LEYENDO A ALICE MUNRO

Por Aquiles Cuervo*

La premio Nobel de literatura 2013 es la escritora canadiense Alice Munro, nacida en 1931, autora de una prolífica obra en cuento: 14 libros desde 1950 hasta 2006, con un breve intermedio en una Novela. Es la primera vez que la Academia Sueca premia a un escritor dedicado por completo a la ficción breve que tanto fascinara a Anton Chejov, Jorge Luis Borges, Julio Ramón Ribeyro y Juan José Arreola, entre otros tantos maestros del género. 14 libros, escribiendo desde los 14 años, y la mujer número 14 en ganar el Nobel.  Algunos de sus libros más recordados son El Progreso del Amor; Escapadas; El Amor de una Mujer Generosa; La Vista desde Castle Rock y Secretos a Voces. Aquí recorreremos algunos trazos munroanos alrededor de su mítico condado de Huron en Ontario-Canadá. Cada escritor inventa su condado.

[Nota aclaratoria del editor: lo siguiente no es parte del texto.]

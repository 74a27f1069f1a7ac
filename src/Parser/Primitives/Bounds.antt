-- ===== src/Parser/Primitives/Bounds.antt =====
-- The fixed-width reads and the names stay inside the buffer, and the loop over a name ends.
use eos_vm.Prelude.{
  ℕ, zero, suc, ◌+◌, ◌-◌, ◌^◌, ◌≤◌, ◌<◌, ◌≡◌, refl, List, [], ◌∷◌, Bool, true, false, length, All,
  ltb, leb→le, ◌==◌, Bool-cases, inl, inr, if◌then◌else◌, ap, arith,
}
use native.Mathlib.Nat.{pow-suc, le_refl}
use eos_vm.Prelude.Result.{ok, wasm_parse_exception}
use eos_vm.GuardedPtr.{GuardedPtr, IsValid, Read, ◌>>=◌, pure, throw, lift, get, next}
use eos_vm.GuardedPtr.Ensures.{
  Ensures, Ensures-bind, Ensures-pure, Ensures-throw, Ensures-assert, Ensures-if, EnsuresWithin,
  next-Ensures, advance-Ensures, scoped_shrink_bounds-EnsuresWithin, load_outcome, Outcome-bind_at,
  Kept-IsValid, >>=-ok, EnsuresWithin-bind, Ensures→EnsuresWithin, >>=-ok, EnsuresWithin-bind,
  Ensures→EnsuresWithin,
}
use eos_vm.GuardedPtr.Inversion.{>>=-inv, check-inv, pure-inv, next-inv}
use eos_vm.Leb128.Values.{parse_varuint32-Ensures}
use eos_vm.Parser.Primitives.{
  raw_bytes, little_endian, parse_raw, parse_v128, sub_u32, code_point_2, code_point_3,
  code_point_4, validate_utf8_code_point, validate_utf8_string, parse_utf8_string,
}

pub record IsBytes (n : ℕ) (bs : List ℕ) : Type 0 where
  pub size : length bs ≡ n
  pub are_bytes : All (λ b. b < 256) bs

raw_bytes_ok :
    (n i : ℕ) (c : GuardedPtr)
    → IsValid c
    → c.raw_ptr + i + n ≤ c.bnds
    → (bs : List ℕ) × (raw_bytes n i c ≡ ok (bs, c)) × IsBytes n bs
unfolding raw_bytes get lift ◌>>=◌ pure
raw_bytes_ok zero i c v h = ([], refl, record { size = refl; are_bytes = tt })
raw_bytes_ok (suc n) i c v h =
    let (b, e, hb) = load_outcome c (c.raw_ptr + i) v (omega arith) in
    let (bs, es, hs) = raw_bytes_ok n (i + 1) c v (omega arith) in
    (b ∷ bs, ground arith, record { size = ap suc hs.size; are_bytes = (hb, hs.are_bytes) })

-- Where `n` bytes are left, reading them raw is defined.
pub raw_bytes-EnsuresWithin :
    {A : Type 0} {Q : A → Type 0} (n : ℕ) (f : List ℕ → Read A)
    → ((bs : List ℕ) → IsBytes n bs → EnsuresWithin n Q (f bs))
    → EnsuresWithin n Q (raw_bytes n 0 >>= f)
raw_bytes-EnsuresWithin n f p = record {
  run = λ c v e.
      let (bs, r, h) = raw_bytes_ok n 0 c v (omega arith) in
      rw (>>=-ok (raw_bytes n 0) f r) ((p bs h).run c v e);
}

little_endian-lt : (bs : List ℕ) → All (λ b. b < 256) bs → little_endian bs < 256 ^ length bs
unfolding little_endian
little_endian-lt [] h = omega arith
little_endian-lt (b ∷ bs) (hb, hs) = ground (arith, little_endian-lt bs hs, pow-suc 256 (length bs))

-- A raw read stays inside the buffer and returns a number of `n` bytes.
pub parse_raw-Ensures : (n : ℕ) → Ensures (λ v. v < 256 ^ n) (parse_raw n)
unfolding parse_raw
parse_raw-Ensures n = scoped_shrink_bounds-EnsuresWithin n (
    raw_bytes-EnsuresWithin n _ λ bs h. Ensures→EnsuresWithin (
      Ensures-bind (advance-Ensures n)
        λ _ _. Ensures-pure _ (rw h.size at (little_endian-lt bs h.are_bytes))))

pub parse_v128-Ensures : Ensures (λ v. v < 256 ^ 16) parse_v128
unfolding parse_v128
parse_v128-Ensures = scoped_shrink_bounds-EnsuresWithin 16 (
    raw_bytes-EnsuresWithin 16 _ λ bs h. Ensures→EnsuresWithin (
      Ensures-bind (advance-Ensures 16)
        λ _ _. Ensures-pure _ (rw h.size at (little_endian-lt bs h.are_bytes))))

code_point_2-Ensures : (ch : ℕ) → Ensures (λ _. Unit {0}) (code_point_2 ch)
unfolding code_point_2
code_point_2-Ensures ch = Ensures-assert _ tt λ _.
    Ensures-bind next-Ensures
      λ _ _. Ensures-assert _ tt λ _. Ensures-assert _ tt λ _. Ensures-pure _ tt

code_point_3-Ensures : (ch : ℕ) → Ensures (λ _. Unit {0}) (code_point_3 ch)
unfolding code_point_3
code_point_3-Ensures ch = Ensures-bind next-Ensures λ _ _. Ensures-assert _ tt λ _.
    Ensures-bind next-Ensures
      λ _ _. Ensures-assert _ tt λ _. Ensures-assert _ tt λ _. Ensures-pure _ tt

code_point_4-Ensures : (ch : ℕ) → Ensures (λ _. Unit {0}) (code_point_4 ch)
unfolding code_point_4
code_point_4-Ensures ch = Ensures-bind next-Ensures λ _ _. Ensures-assert _ tt λ _.
    Ensures-bind next-Ensures λ _ _. Ensures-assert _ tt λ _.
      Ensures-bind next-Ensures
        λ _ _. Ensures-assert _ tt λ _. Ensures-assert _ tt λ _. Ensures-pure _ tt

pub validate_utf8_code_point-Ensures : Ensures (λ _. Unit {0}) validate_utf8_code_point
unfolding validate_utf8_code_point
validate_utf8_code_point-Ensures = Ensures-bind next-Ensures λ ch _.
    Ensures-if (ltb ch 0x80) (λ _. Ensures-pure _ tt)
      λ _.
        Ensures-if (ltb ch 0xE0) (λ _. code_point_2-Ensures ch)
          λ _.
            Ensures-if (ltb ch 0xF0) (λ _. code_point_3-Ensures ch)
              λ _. Ensures-if (ltb ch 0xF8) (λ _. code_point_4-Ensures ch) λ _. Ensures-throw _ tt

-- The pointer moves by the length that the validation returns, less the `k` bytes read before.
abbrev Moves : Read ℕ → ℕ → Type 0
Moves m k =
    (c d : GuardedPtr) (n : ℕ)
    → m c ≡ ok (n, d)
    → (n ≡ k + (d.raw_ptr - c.raw_ptr)) × (1 ≤ n) × (c.raw_ptr ≤ d.raw_ptr)

code_point_2-Moves : (ch : ℕ) → Moves (code_point_2 ch) 1
unfolding code_point_2
code_point_2-Moves ch c d n h =
    let (_, h₁) = check-inv _ _ _ h in
    let (b2, c₁, e₁, h₂) = >>=-inv next _ h₁ in
    let (_, h₃) = check-inv _ _ _ h₂ in
    let (_, h₄) = check-inv _ _ _ h₃ in
    let (p, q) = pure-inv 2 n h₄ in let (_, r, _) = next-inv c c₁ b2 e₁ in ground arith

code_point_3-Moves : (ch : ℕ) → Moves (code_point_3 ch) 1
unfolding code_point_3
code_point_3-Moves ch c d n h =
    let (b2, c₁, e₁, h₁) = >>=-inv next _ h in
    let (_, h₂) = check-inv _ _ _ h₁ in
    let (b3, c₂, e₂, h₃) = >>=-inv next _ h₂ in
    let (_, h₄) = check-inv _ _ _ h₃ in
    let (_, h₅) = check-inv _ _ _ h₄ in
    let (p, q) = pure-inv 3 n h₅ in
    let (_, r₁, _) = next-inv c c₁ b2 e₁ in let (_, r₂, _) = next-inv c₁ c₂ b3 e₂ in ground arith

code_point_4-Moves : (ch : ℕ) → Moves (code_point_4 ch) 1
unfolding code_point_4
code_point_4-Moves ch c d n h =
    let (b2, c₁, e₁, h₁) = >>=-inv next _ h in
    let (_, h₂) = check-inv _ _ _ h₁ in
    let (b3, c₂, e₂, h₃) = >>=-inv next _ h₂ in
    let (_, h₄) = check-inv _ _ _ h₃ in
    let (b4, c₃, e₃, h₅) = >>=-inv next _ h₄ in
    let (_, h₆) = check-inv _ _ _ h₅ in
    let (_, h₇) = check-inv _ _ _ h₆ in
    let (p, q) = pure-inv 4 n h₇ in
    let (_, r₁, _) = next-inv c c₁ b2 e₁ in
    let (_, r₂, _) = next-inv c₁ c₂ b3 e₂ in let (_, r₃, _) = next-inv c₂ c₃ b4 e₃ in ground arith

Moves-if : (t : Bool) (k : ℕ) {m n : Read ℕ} → Moves m k → Moves n k → Moves (if t then m else n) k
Moves-if true k p q = p
Moves-if false k p q = q

one-Moves : Moves (pure 1) 1
one-Moves c d n h = let (p, q) = pure-inv 1 n h in ground arith

throw-Moves : Moves (throw wasm_parse_exception) 1
unfolding throw
throw-Moves c d n h = cc

validate_utf8_code_point-Moves : Moves validate_utf8_code_point 0
unfolding validate_utf8_code_point
validate_utf8_code_point-Moves c d n h =
    let (ch, c₁, e₁, h₁) = >>=-inv next _ h in
    let (_, r, _) = next-inv c c₁ ch e₁ in
    let (p, q, o) =
      Moves-if (ltb ch 0x80) 1 one-Moves
        (Moves-if (ltb ch 0xE0) 1 (code_point_2-Moves ch) (
          Moves-if (ltb ch 0xF0) 1 (code_point_3-Moves ch)
            (Moves-if (ltb ch 0xF8) 1 (code_point_4-Moves ch) throw-Moves)))
        c₁ d n h₁ in
    ground arith

-- With exactly `bytes` bytes left, the loop over a name ends within `bytes` rounds.
validate_utf8_string-EnsuresWithin :
    (fuel bytes : ℕ)
    → bytes ≤ fuel
    → bytes < 2 ^ 32
    → EnsuresWithin bytes (λ _. Unit {0}) (validate_utf8_string fuel bytes)
unfolding validate_utf8_string
validate_utf8_string-EnsuresWithin zero bytes h s =
    let z : (bytes == 0) ≡ true = ground arith in rw z (Ensures→EnsuresWithin (Ensures-pure tt tt))
validate_utf8_string-EnsuresWithin (suc fuel) bytes h s = elim (Bool-cases (bytes == 0)) [
  | inl z ↦ rw z (Ensures→EnsuresWithin (Ensures-pure tt tt))
  | inr z ↦ rw z (record {
    run = λ c v e. Outcome-bind_at v validate_utf8_code_point-Ensures λ n d r _ k.
        let (p, q, o) = validate_utf8_code_point-Moves c d n r in
        let left : sub_u32 bytes n ≡ bytes - n = omega arith in
        rw left (
          (validate_utf8_string-EnsuresWithin fuel (bytes - n) (omega arith) (omega arith)).run d
            (Kept-IsValid v k) (omega arith));
  })
]

-- A name stays inside the buffer; the loop over its code points never runs out of fuel.
pub parse_utf8_string-Ensures :
    (max_size : ℕ) → Ensures (λ bs. length bs ≤ max_size) (parse_utf8_string max_size)
unfolding parse_utf8_string
parse_utf8_string-Ensures max_size = Ensures-bind parse_varuint32-Ensures λ len small.
    Ensures-assert _ tt λ fits. scoped_shrink_bounds-EnsuresWithin len (
      raw_bytes-EnsuresWithin len _ λ bs h.
        EnsuresWithin-bind (validate_utf8_string-EnsuresWithin len len (le_refl len) small)
          λ _ _. Ensures-pure bs (omega (arith, h.size, leb→le len max_size fits)))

«Creo que tenía la idea que, como escritora, tú gastas tu tiempo y tu vida entera siendo una observadora, tratando de registrar lo que has observado y te dices que cuando te haces viejo —tan vieja como yo ahora— has dejado de ser una persona común y corriente. Te has perdido de todas las cosas que crees que hacen el resto de las personas en sus vidas… Dejé de escribir un tiempo por dicha razón. La persona común y corriente se ponía en marcha, pero… no me vi con mucho talento en eso pues al poco tiempo empecé a escribir de nuevo». Alice Munro en The New Yorker

1.

Leí por primera vez a Alice Munro en un avión. En un viaje de ida. Leí uno de sus cuentos en uno de esos peregrinos ejemplares de The New Yorker que a veces nos dan toda una vuelta de tuerca. Su título era «The bear came over the mountain». Al llegar a mi destino provisional busqué uno de sus libros, y leí Runaways, Fugitives en francés y Escapadas en español. Corría el año 2006. Aun conservo entre mis cajas y baúles pessoanos, un recorte de la crítica del diario Le Monde, Florence Noiville. Es una hoja de periódico ya muy amarilla con un par de teléfonos (olvidados) anotados al lado de Munro (daría para escribir un cuento…). La traducción dice así:

«Veamos de cerca. Las ocho historias que contiene Escapadas de Munro, recuerdan la canción de Los Beatles, She’s Leaving Home. De eso se trata: escapar de la casa, huir del infierno conyugal, dejar todo detrás de sí, alejarse, desvanecerse en el paisaje… claro, hay miles de maneras de hacer esto. Se puede, como en la canción, deslizarse de casa a las cinco de la mañana dejando una nota sobre la mesa. Se puede tomar el primer autobús hacia Toronto o coger un tren que va hacia “las rocosas, los árboles, la nieve y el agua”. Se puede escapar a través del Alzheimer o quedarse en el silencio. Se puede también decirle adiós al mundo optando por un retiro espiritual. Pero, en todo caso, las preguntas que nos plantea Alice Munro siempre son las mismas: ¿hasta donde irán esas mujeres que dejan todo?, “¿por ambición o por azar”? ¿Lograrán “hacerse cargo de sus propias vidas”? ¿Cambiar de clase social sin sentimiento de traición?»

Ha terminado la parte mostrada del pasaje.